# Wintering Over Florence Oregone



## Deleted member 2626 (Nov 15, 2017)

Of course nothing pops up for old threads for here ha. Wintering over on the west coast first time ever. Renting a spot to crash with my pops and sister. Mostly sleep in my tent. Indoors just ain't all me. But considering it rains a lot such as wildly, now, it's nice to have a place to cook swell meals and be dry and warmish to read and write and play guitar and watch movies from the stellar library. Great stuff down there on wild edibles etc. Got Oregon ebt and local radio station is bad ass and I foresee personal air time before I head out in marchish. Food bank is great too. People generally accepting of a scruffy young guy and his saddle bagged furry mutt. I've declined rides from family and only will walk or bicycle till I leave. The evergreen huckleberries are plentiful right now. Lots of great piney sand dune ridges right off our street. And a two mile hike out of town gets ya to the harbor vista park where I camped two weeks ago and it was awesome. Been doing a little crabbing, some with my dad. Should have some job in the next week I'm hoping to cover next few months of rent to my pops. Anyone pass thru hit me up. See what I can do for ya.


----------



## Hazardoussix6six (Nov 15, 2017)

sounds like a great winter plan enjoy and stay safe!


----------



## Deleted member 2626 (Nov 15, 2017)

Right on man. Appreciate that. Just gotta remember myself. Day by day. Haven't stayed put this long in some time


----------



## Bumrumors (Nov 15, 2017)

Ive homebummed it there a handful of times. The fish food bank katty corner to the groceout is amazing, especially since you get 16 food boxes a year and they have traveling bags of hygene products incase your traveling. The elks thrift shop on the 101 behind the red bbq spot in the center of town has awesome deals, picked up a 2 buck webster grill and bbqed all the time this last spring. They warming shelter opens up in december, first one ever happend in early winter when i was passing through. Recycling was great there and all the extras i found or was handed by the locals was emense. Hands down florence was a great spot to hang a few months. The library was great. Its wifi was weak but i Torrented a lot of music and ebooks there. The abandon mill by cushman is a great spot to check out, rumors of a half pipe last year, i checked it out and nothing. If you go to the local bumbfeed behind that dairy queen in the blue church, there are some solid locals to find work from and the normal group of elderly to young tent dwellers. Good choice on the spot.


----------



## Coywolf (Nov 16, 2017)

I spent a couple days in Florence last year.

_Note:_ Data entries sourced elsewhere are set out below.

-- ===== src/IdentityLink.antt =====
-- internal/tlsutil/tlsutil.go with cmd/controller/main.go: a target that was trusted once and started again, and a
-- controller that was started again.
use ea_share.Base.{
  ◌≡◌, ◌↔◌, refl, sym, ◌∙◌, ap, String, true, Option, some, Bytes, All, IsByte, eq_iff,
}
use ea_share.Identity.{Crypto, Files, Access, Fresh, fingerprint, load_or_generate_cert}
use ea_share.Identity.Stable.{load_or_generate_cert_again}
use ea_share.Identity.Fingerprint.{fingerprint_iff}
use ea_share.Controller.Trust.{
  KnownHosts, HostsJson, Consent, Casing, open_known_hosts, verify_connection, pinned_decides,
}
use ea_share.Controller.Trust.Runs.{ReadsBack, later_run}

module _ (crypto : Crypto) (json : HostsJson) (casing : Casing) (reads_back : ReadsBack json) where
  -- A target has started with a certificate, and a run of the controller accepted it. Then the target, started
  -- again, has the same certificate; a later run of the controller accepts it at that address, whatever its
  -- flags and its user say; and of all other certificates it accepts exactly those with the same SHA-256 digest.
  pub trusted_again :
      (os later_os : Access) (fresh later_fresh : Fresh) (files kept : Files) (der other : Bytes)
      (c later : Consent) (addr : String) (file : Option Bytes) (kh : KnownHosts)
      → load_or_generate_cert crypto os fresh files ≡ (kept, some der)
      → later_os.reads ≡ true
      → open_known_hosts json true file ≡ some kh
      → (verify_connection json casing c addr (some (fingerprint crypto der)) kh).1 ≡ true
      → All IsByte (crypto.sum256 der)
      → All IsByte (crypto.sum256 other)
      → (store : KnownHosts) × (load_or_generate_cert crypto later_os later_fresh kept
          ≡ (kept, some der))
        × (open_known_hosts json true
              (verify_connection json casing c addr (some (fingerprint crypto der)) kh).0.file
            ≡ some store)
        × (verify_connection json casing later addr (some (fingerprint crypto der)) store
            ≡ (store, true))
        × ((verify_connection json casing later addr (some (fingerprint crypto other)) store).1
              ≡ true
            ↔ crypto.sum256 other ≡ crypto.sum256 der)
  trusted_again os later_os fresh later_fresh files kept der other c later addr file kh started r
        opened h d o =
      let fp = fingerprint crypto der in
      let fp' = fingerprint crypto other in
      let (store, again, same, known, pinned) =
        later_run json casing reads_back c later addr fp fp file kh opened h in
      let decided = ap (λ r. r.1) (pinned_decides json casing later addr fp fp' store known) in
      let (f, g) = fingerprint_iff crypto other der o d in
      let (to, from) = eq_iff fp' fp in
      (
        store,
        load_or_generate_cert_again crypto os later_os fresh later_fresh files kept der started r,
        again,
        same ∙ ap (λ b. (store, b)) ((eq_iff fp fp).1 refl),
        (λ e. f (to (sym decided ∙ e)), λ e. decided ∙ from (g e)),
      )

Its a nice spot to hang out. Winter on the oregon coast isint bad at all, if you can deal with moisture. Never gets below freezing.

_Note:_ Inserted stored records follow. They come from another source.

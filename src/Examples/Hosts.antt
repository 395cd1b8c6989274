-- ===== src/Examples/Hosts.antt =====
-- The trust decision at a concrete first contact, and in the run after it.
use ea_share.Base.{
  ℕ, zero, suc, String, ◌≢◌, sym, ap, ◌≡◌, ◌↔◌, refl, true, false, ◌&&◌, Option, none, some, [],
  ◌∷◌, Bytes, if◌then◌else◌, arith, eq_iff,
}
use text.Mathlib.Text.{◌==◌ as str_eq}
use ea_share.Controller.Trust.{
  Consent, Entries, KnownHosts, HostsJson, Casing, open_known_hosts, lookup, verify_connection,
  verify_pinned, verify_connection-accepted,
}
use ea_share.Identity.{Crypto, Files, Fresh, fingerprint, generate, load_or_generate_cert}
use ea_share.Identity
use ea_share.IdentityLink.{trusted_again}
use ea_share.Controller.Trust.Runs.{ReadsBack}

abbrev pub casing : Casing
casing = record { trim_space = λ s. s; to_upper = λ s. s; to_lower = λ s. s }

abbrev pub willing : Consent
willing = record { pinned = ""; auto_yes = false; answer = "yes"; saves = true }

-- The texts that a store of the examples may hold, by number.
word : ℕ → String
word zero = "host:24800"
word (suc zero) = "other:24800"
word (suc (suc zero)) = "AA"
word (suc (suc (suc n))) = "AB"

unfoldable pub number : String → Option ℕ
number s =
    if str_eq s "host:24800"
    then some 0
    else if str_eq s "other:24800"
    then some 1
    else if str_eq s "AA"
    then some 2
    else if str_eq s "AB"
    then some 3
    else none

number-word : (s : String) (n : ℕ) → number s ≡ some n → word n ≡ s
unfolding number word
number-word s n e =
    ground (arith, eq_iff s "host:24800", eq_iff s "other:24800", eq_iff s "AA", eq_iff s "AB")

entry_codes : Option ℕ → Option ℕ → Option Bytes → Option Bytes
entry_codes (some i) (some j) (some rest) = some (i ∷ (j ∷ rest))
entry_codes (some i) (some j) none = none
entry_codes (some i) none rest = none
entry_codes none j rest = none

-- Stores of any length.
unfoldable pub codes : Entries → Option Bytes
unfolding entry_codes
codes [] = some []
codes ((a, fp) ∷ es) = entry_codes (number a) (number fp) (codes es)

pub decode : Bytes → Entries
decode [] = []
decode (i ∷ []) = []
decode (i ∷ (j ∷ rest)) = (word i, word j) ∷ decode rest

entry_codes-decode :
    (a fp : String) (es : Entries) (i j : Option ℕ) (rest : Option Bytes) (bytes : Bytes)
    → number a ≡ i
    → number fp ≡ j
    → ((rs : Bytes) → rest ≡ some rs → decode rs ≡ es)
    → entry_codes i j rest ≡ some bytes
    → decode bytes ≡ (a, fp) ∷ es
unfolding entry_codes decode
entry_codes-decode a fp es (some i) (some j) (some rest) bytes ei ej h e =
    let p : i ∷ (j ∷ rest) ≡ bytes = cc in
    rw (sym p, number-word a i ei, number-word fp j ej, h rest refl) refl
entry_codes-decode a fp es (some i) (some j) none bytes ei ej h e = cc
entry_codes-decode a fp es (some i) none rest bytes ei ej h e = cc
entry_codes-decode a fp es none j rest bytes ei ej h e = cc

codes-decode : (es : Entries) (bytes : Bytes) → codes es ≡ some bytes → decode bytes ≡ es
unfolding codes decode
codes-decode [] bytes e = let p : [] ≡ bytes = cc in rw (sym p) refl
codes-decode ((a, fp) ∷ es) bytes e =
    entry_codes-decode a fp es (number a) (number fp) (codes es) bytes refl refl (codes-decode es) e

abbrev pub braced : Option Bytes → Option Bytes
braced none = none
braced (some bytes) = some (b'{' ∷ bytes)

abbrev pub unbraced : Bytes → Option Entries
unbraced [] = none
unbraced (b ∷ bytes) = some (decode bytes)

abbrev pub hosts : HostsJson
hosts = record { marshal = λ es. braced (codes es); unmarshal = unbraced }

hosts-ReadsBack : ReadsBack hosts
hosts-ReadsBack es bytes e = go (codes es) refl e
  where
    go :
        (o : Option Bytes)
        → codes es ≡ o
        → braced o ≡ some bytes
        → (bytes ≢ [])
          × ((back : Entries) × (unbraced bytes ≡ some back)
              × ((addr : String) → lookup addr back ≡ lookup addr es))
    go none q e = cc
    go (some bs) q e =
        let p : b'{' ∷ bs ≡ bytes = cc in
        rw (sym p)
          (λ empty. cc, (decode bs, refl, λ addr. ap (λ x. lookup addr x) (codes-decode es bs q)))

abbrev known : KnownHosts
known = record { entries = ("other:24800", "CC") ∷ []; file = none }

abbrev pub empty_hosts : KnownHosts
empty_hosts = record { entries = []; file = none }

abbrev forgetful : HostsJson
forgetful = record { marshal = λ es. some []; unmarshal = λ bytes. none }

first_contact : (verify_connection forgetful casing willing "host:24800" (some "AA") known).1 ≡ true
unfolding verify_connection ea_share.Controller.Trust.lookup
first_contact = refl

opened_empty : open_known_hosts hosts true none ≡ some empty_hosts
unfolding open_known_hosts
opened_empty = refl

trusted : (verify_connection hosts casing willing "host:24800" (some "AA") empty_hosts).1 ≡ true
unfolding verify_connection ea_share.Controller.Trust.lookup codes number
    ea_share.Controller.Trust.pin
trusted = refl

-- Certificates are their own digests.
abbrev pub crypto : Crypto
crypto = record {
  create_certificate = λ serial priv. some (170 ∷ []);
  marshal_key = λ priv. some priv;
  certificate_pem = λ der. der;
  key_pem = λ key. key;
  key_pair = λ cert key. some cert;
  sum256 = λ der. der;
}

abbrev pub all_access : Identity.Access
all_access = record { reads = true; makes_dir = true; writes_cert = true; writes_key = true }

abbrev pub key_9 : Fresh
key_9 = record { key = some (9 ∷ []); serial = some 1 }

abbrev pub no_files : Files
no_files = record { cert = none; key = none }

abbrev saved_files : Files
saved_files = record { cert = some (170 ∷ []); key = some (9 ∷ []) }

generated : load_or_generate_cert crypto all_access key_9 no_files ≡ (saved_files, some (170 ∷ []))
unfolding load_or_generate_cert generate
generated = refl

trusted_certificate :
    (verify_connection hosts casing willing "host:24800"
      (some (fingerprint crypto (170 ∷ [])))
      empty_hosts).1
    ≡ true
unfolding verify_connection ea_share.Controller.Trust.lookup codes number
    ea_share.Controller.Trust.pin fingerprint ea_share.Base.digit
trusted_certificate = refl

trusted_again_example :
    let first =
      verify_connection hosts casing willing "host:24800"
        (some (fingerprint crypto (170 ∷ [])))
        empty_hosts in
    (store : KnownHosts) × (load_or_generate_cert crypto all_access key_9 saved_files
      ≡ (saved_files, some (170 ∷ [])))
    × (open_known_hosts hosts true first.0.file ≡ some store)
    × (verify_connection hosts casing willing "host:24800"
          (some (fingerprint crypto (170 ∷ [])))
          store
        ≡ (store, true))
    × ((verify_connection hosts casing willing "host:24800"
            (some (fingerprint crypto (171 ∷ [])))
            store).1
          ≡ true
        ↔ crypto.sum256 (171 ∷ []) ≡ 170 ∷ [])
trusted_again_example =
    trusted_again crypto hosts casing hosts-ReadsBack all_access all_access key_9 key_9 no_files
      saved_files (170 ∷ []) (171 ∷ []) willing willing "host:24800" none empty_hosts generated refl
      opened_empty trusted_certificate (omega arith, tt) (omega arith, tt)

Good luck. Im missing Oregon right now, as i havetraveled down to Texas (ugh) fora while


----------



## Deleted member 2626 (Nov 16, 2017)

Yeah food bank stacked me up. There's a bad ass skatepark in the large park in town. And hat elks thrift store just gave me a nice shirt when the old man saw my dog with his pack on. A job is fucking hard to find. Never had this much trouble. May have to work for mcdonalds. I spent a good five hours walking down and up the strip applying anywhere. Seasonal town.


----------



## Deleted member 2626 (Nov 16, 2017)

And yes rain a good bit but not so far non stop for days and days. Yesterday was all fucking early morning till this morning and then patchy as me and my pooch hiked around applying. Was nice to be inside watching docs and reading.


----------



## Deleted member 2626 (Nov 16, 2017)

Work in the morning. Looks like I'll be breaking my code of no vehicles but she'll pick me up as 9 miles on a bike to work all day and 9 back is semi unfeasible. Sort of necessity as it is


----------



## Freerange (Nov 17, 2017)

Careful crabbing right now, Domoic Acid levels are high and many areas have been shut down in Oregon. There is a fun skatepark there and Pizza at Abby's is always great too.


----------



## Bumrumors (Nov 17, 2017)

Find a local named kurt, 23ish , skinny homebumm. Kurts the shit.


----------



## duderino (Nov 17, 2017)

I live on the coast too in Newport. Checkout Siltcoos lake if you can. There's a trailhead off the highway just south of Florence. It's about a 2 mile hike back to the lake and there's a free campground back there that nobody uses. I've camped there a bunch of times by myself. There's picnic tables, fire pits and an outhouse back there. I'm not big into fishing but I think it would be an ok spot if you're into that. There's a sandboard park in Florence too that's kind of fun. Sandboarding is like surfing down dunes if you're not familiar with it. The park is one of a kind I believe. I've been there a couple times.


----------



## Deleted member 2626 (Nov 17, 2017)

Dude hell yeah just had my first day of work through CL for this lady over looking the lake. Gorgeous with the alpine ridge above.


----------